# stolen equipment



## len (Aug 6, 2013)

I'm posting this here, but if there's a more appropriate section ...

Here's what's missing. Not a lot, but will still cost me money to replace.

10 - 12 cafe light strings. Black, some 20' long, some 30' long, with medium base sockets.

Light bulbs, a case, roughly 100 of them. They're clear glass "sign" bulbs that are 11 watts each.

Some aircraft cable, galvanized, used to make safeties, etc.

A hand swager and cable cutters.

A parts box filled with clips, sleeves, and a bunch of other tools, etc.

Went missing Saturday, 08/03 in Chicago.

Please contact me if anyone approaches you.


----------



## Amiers (Aug 6, 2013)

Well that bites a big one, and being in Chicago there is probably 3 pages of pawn shops to call.

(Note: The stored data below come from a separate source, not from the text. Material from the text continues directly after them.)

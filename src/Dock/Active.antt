-- ===== src/Dock/Active.antt =====
-- Which panel is active after each operation, and that the active index stays in range.
use mathlib.Core.Path.{subst}
use zaku.Prelude.{
  ℕ, ◌<◌, ◌≡◌, refl, sym, ap, ◌∙◌, Bool, Option, none, some, List, arith, length, get_elem?,
  insert_idx, length-insert_idx,
}
use zaku.Dock.{
  Panel, Dock, get_panel, active_panel, set_open, activate_panel, search_priority, shift_index,
  insert_panel,
}
use zaku.Dock.Sorted.{Ascending, search_priority-le-length, Ascending-insert_idx, get_elem?-shift}

abbrev pub InRange : List Panel → Option ℕ → Type 0
InRange panels none = Unit
InRange panels (some index) = index < length panels

-- The panels are in the order of their priorities, and the active index is that of a panel.
pub record IsValid (dock : Dock) : Type 0 where
  pub ascending : Ascending dock.panel_entries
  pub in_range : InRange dock.panel_entries dock.active_panel_index

pub set_open_lem :
    (dock : Dock) (b : Bool)
    → ((set_open dock b).is_open ≡ b)
      × ((set_open dock b).panel_entries ≡ dock.panel_entries)
      × ((set_open dock b).active_panel_index ≡ dock.active_panel_index)
      × ((set_open dock b).serialized_dock ≡ dock.serialized_dock)
unfolding set_open
set_open_lem dock b = ground arith

pub activate_panel_lem :
    (dock : Dock) (index : ℕ)
    → ((activate_panel dock index).active_panel_index ≡ some index)
      × ((activate_panel dock index).panel_entries ≡ dock.panel_entries)
      × ((activate_panel dock index).is_open ≡ dock.is_open)
      × ((activate_panel dock index).serialized_dock ≡ dock.serialized_dock)
unfolding activate_panel
activate_panel_lem dock index = ground arith

IsValid-same :
    (d e : Dock)
    → d.panel_entries ≡ e.panel_entries
    → d.active_panel_index ≡ e.active_panel_index
    → IsValid e
    → IsValid d
IsValid-same d e p q h = record {
  ascending = subst Ascending (sym p) h.ascending;
  in_range =
      subst (InRange d.panel_entries) (sym q)
        (subst (λ (ps : List Panel). InRange ps e.active_panel_index) (sym p) h.in_range);
}

pub set_open-IsValid : (dock : Dock) (b : Bool) → IsValid dock → IsValid (set_open dock b)
set_open-IsValid dock b h =
    let (o, p, a, s) = set_open_lem dock b in IsValid-same (set_open dock b) dock p a h

pub activate_panel-IsValid :
    (dock : Dock) (index : ℕ)
    → index < length dock.panel_entries
    → IsValid dock
    → IsValid (activate_panel dock index)
activate_panel-IsValid dock index r h =
    let (a, p, o, s) = activate_panel_lem dock index in
    IsValid-same (activate_panel dock index) (record dock { active_panel_index = some index }) p a
      (record { ascending = h.ascending; in_range = r })

-- The panel that was active is active still when another one is put in.
pub insert_panel-IsValid :
    (dock : Dock) (panel : Panel)
    → IsValid dock
    → IsValid
        (insert_panel dock panel (search_priority panel.activation_priority dock.panel_entries))
      × (active_panel
            (insert_panel dock panel (search_priority panel.activation_priority dock.panel_entries))
          ≡ active_panel dock)
unfolding insert_panel
insert_panel-IsValid dock panel h = (
  record {
    ascending = Ascending-insert_idx dock.panel_entries panel h.ascending;
    in_range = shifted dock.active_panel_index h.in_range;
  },
  same dock.active_panel_index,
)
  where
    index : ℕ
    index = search_priority panel.activation_priority dock.panel_entries

    shifted :
        (active : Option ℕ)
        → InRange dock.panel_entries active
        → InRange (insert_idx dock.panel_entries index panel) (shift_index index active)
    shifted none r = tt
    shifted (some active) r = ground (arith, length-insert_idx dock.panel_entries index panel)

    same :
        (active : Option ℕ)
        → get_panel (insert_idx dock.panel_entries index panel) (shift_index index active)
          ≡ get_panel dock.panel_entries active
    same none = refl
    same (some active) =
        get_elem?-shift dock.panel_entries panel index active
          (search_priority-le-length panel.activation_priority dock.panel_entries)

-- The panel that is active once an index is activated.
pub active_panel-activate_panel :
    (dock : Dock) (index : ℕ)
    → active_panel (activate_panel dock index) ≡ get_elem? dock.panel_entries index
active_panel-activate_panel dock index =
    let (a, p, o, s) = activate_panel_lem dock index in
    ap (get_panel (activate_panel dock index).panel_entries) a
    ∙ ap (λ (ps : List Panel). get_elem? ps index) p

pub active_panel-set_open :
    (dock : Dock) (b : Bool) → active_panel (set_open dock b) ≡ active_panel dock
active_panel-set_open dock b =
    let (o, p, a, s) = set_open_lem dock b in
    ap (get_panel (set_open dock b).panel_entries) a
    ∙ ap (λ (ps : List Panel). get_panel ps dock.active_panel_index) p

Looks like its time to beef up security.


----------



## FACTplayers (Aug 6, 2013)

I check Chicago CL daily, so I'll keep an eye out for you.


----------



## len (Aug 12, 2013)

Turns out it never left the venue. Someone put it "away" and never told the boss. Now back in my possession.


----------



## josh88 (Aug 12, 2013)

Glad you got everything back!


----------